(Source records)
* * * * * * *

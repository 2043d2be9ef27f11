-- ===== src/Http.antt =====
-- The service of aggregator_demo/app.py: the state that its routes share, who may call them, and what
-- they answer. A request that a route's handler sees has passed the validation of FastAPI, and is
-- served in one step.
pub mod Lists
pub mod Status
pub mod Routes
pub mod Submitted
pub mod Confined
pub mod Refines
mod Tests
use text.Mathlib.Text.{◌==◌ as str_eq}
use depotflux_demo.Prelude.{
  ℕ, Bool, true, false, not, ◌&&◌, ◌||◌, Option, none, some, List, String, if◌then◌else◌, Result,
  ok, err, ◌>>=◌, ◌>>◌,
}
use depotflux_demo.Floats.{Floats}
use depotflux_demo.Runs.Json.{Fields}
use depotflux_demo.Runs.Row.{RunCreateRequest, RunRow, Runs}
use depotflux_demo.Approvals.{ApprovalRow, Approvals}
use depotflux_demo.Approvals.Timeline.{AuditEvent}
use depotflux_demo.Notices.{NoticeRow, Notices}
use depotflux_demo.Simulations.{SimulationRow, Simulations}
use depotflux_demo.Dispatch.Evidence.{DispatchAttempt, SecurityEvent, EvidenceLog}
use depotflux_demo.Gateway.{StatusResponse}
use depotflux_demo.Dispatch.Gate.{SupervisoryGateway}
use depotflux_demo.Schedule.{Conversions}
use depotflux_demo.Registry.{Descriptor, RegistryError, InputFiles, load}
use depotflux_demo.Auth.{
  Role, operator, approver, admin, AuthError, invalid_actor, authentication_required,
  invalid_access_key, insufficient_role, Principal, AuthConfig, Texts, authenticate, require_role,
}

-- A response with its status code and its body, an `ErrorResponse` with its code, or an exception
-- that no handler turns into a response.
pub data Answer (B : Type 0) : Type 0 where
  answered : ℕ → B → Answer B
  refused : ℕ → String → Answer B
  unhandled : Answer B

-- The credentials of a request: the header that `HTTPBearer` accepted, and `X-Operator-ID`.
pub record Headers : Type 0 where
  pub authorization : Option String
  pub operator_id : String

pub data Body ⦃F : Floats⦄ : Type 0 where
  inputs_body : List Descriptor → Body
  run_body : RunRow F.Float → Body
  runs_body : List (RunRow F.Float) → Body
  approval_body : ApprovalRow → Body
  timeline_body : List AuditEvent → Body
  notice_body : NoticeRow → Body
  attempt_body : DispatchAttempt → Body
  simulation_body : SimulationRow → Body
  notices_body : Notices → Body
  attempts_body : List DispatchAttempt → Body
  events_body : List SecurityEvent → Body
  simulations_body : Simulations → Body
  status_body : StatusResponse → Body

-- The tables of the database, and the state behind the gateway.
pub record Service ⦃F : Floats⦄ (S : Type 0) : Type 0 where
  pub runs : Runs F.Float
  pub approvals : Approvals
  pub notices : Notices
  pub simulations : Simulations
  pub evidence : EvidenceLog
  pub site : S

-- `application.state`, and what the modules behind it take as parameters.
pub record Application ⦃F : Floats⦄ (S : Type 0) : Type 1 where
  pub texts : Texts
  pub auth_config : AuthConfig
  pub control_api_key : Option String
  pub emergency_api_key : Option String
  pub control_gateway : Option (SupervisoryGateway S)
  pub entries : List Descriptor
  pub files : InputFiles F.Float
  pub files_later : InputFiles F.Float
  pub fingerprint : RunCreateRequest → String
  pub is_sha256 : String → Bool
  pub text_length : String → ℕ
  pub py : Conversions

-- `authentication_error_handler`
unfoldable pub auth_answer : {B : Type 0} → AuthError → Answer B
auth_answer invalid_actor = refused 400 "invalid_actor"
auth_answer authentication_required = refused 401 "authentication_required"
auth_answer invalid_access_key = refused 401 "invalid_access_key"
auth_answer insufficient_role = refused 403 "insufficient_role"
auth_answer _ = unhandled

-- `bool(configured and provided and compare_digest(provided, configured))`; `none` is the
-- `TypeError` for a text that is not ASCII
unfoldable pub key_accepted : (String → Bool) → Option String → Option String → Option Bool
key_accepted is_ascii (some provided) (some configured) =
    if str_eq configured "" || str_eq provided ""
    then some false
    else if not (is_ascii provided && is_ascii configured)
    then none
    else some (str_eq provided configured)
key_accepted is_ascii _ _ = some false

-- `bool(configured)`
unfoldable pub is_configured : Option String → Bool
is_configured none = false
is_configured (some key) = not (str_eq key "")

module _ ⦃F : Floats⦄ {S : Type 0} (app : Application S) where
  -- A handler on the tables, with its principal.
  abbrev pub RouteHandler : Type 0
  RouteHandler = Principal → Service S → Answer Body × Service S

  -- `authenticated_principal`
  unfoldable pub authenticated_principal : Headers → Result AuthError Principal
  authenticated_principal headers =
      authenticate app.texts app.auth_config headers.authorization headers.operator_id

  -- A route that depends on `AnyPrincipal`.
  unfoldable pub with_principal : Headers → RouteHandler → Service S → Answer Body × Service S
  with_principal headers handler s = elim (authenticated_principal headers) [
    | err error ↦ (auth_answer error, s)
    | ok principal ↦ handler principal s
  ]

  -- A route that depends on `require_roles(*allowed)`.
  unfoldable pub with_roles :
      Headers → List Role → RouteHandler → Service S → Answer Body × Service S
  with_roles headers allowed handler s =
      elim (authenticated_principal headers >>= λ principal.
      require_role principal allowed >> ok principal) [
        | err error ↦ (auth_answer error, s)
        | ok principal ↦ handler principal s
      ]

  -- `input_registry.load`, as the repositories behind the routes see it: none of them catches its
  -- errors.
  unfoldable pub load_input : String → String → Option (Fields F.Float)
  load_input reference sha256 = elim (load app.files app.files_later app.entries reference sha256) [
    | err _ ↦ none
    | ok input ↦ some input
  ]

* * * * * * *

**Task to complete**
From the line holding "timeline_body : List AuditEvent → Body" to the line holding "take as parameters.", inclusive, restate each line above exactly as written.

**Output of the exercise**
  timeline_body : List AuditEvent → Body
  notice_body : NoticeRow → Body
  attempt_body : DispatchAttempt → Body
  simulation_body : SimulationRow → Body
  notices_body : Notices → Body
  attempts_body : List DispatchAttempt → Body
  events_body : List SecurityEvent → Body
  simulations_body : Simulations → Body
  status_body : StatusResponse → Body

-- The tables of the database, and the state behind the gateway.
pub record Service ⦃F : Floats⦄ (S : Type 0) : Type 0 where
  pub runs : Runs F.Float
  pub approvals : Approvals
  pub notices : Notices
  pub simulations : Simulations
  pub evidence : EvidenceLog
  pub site : S

-- `application.state`, and what the modules behind it take as parameters.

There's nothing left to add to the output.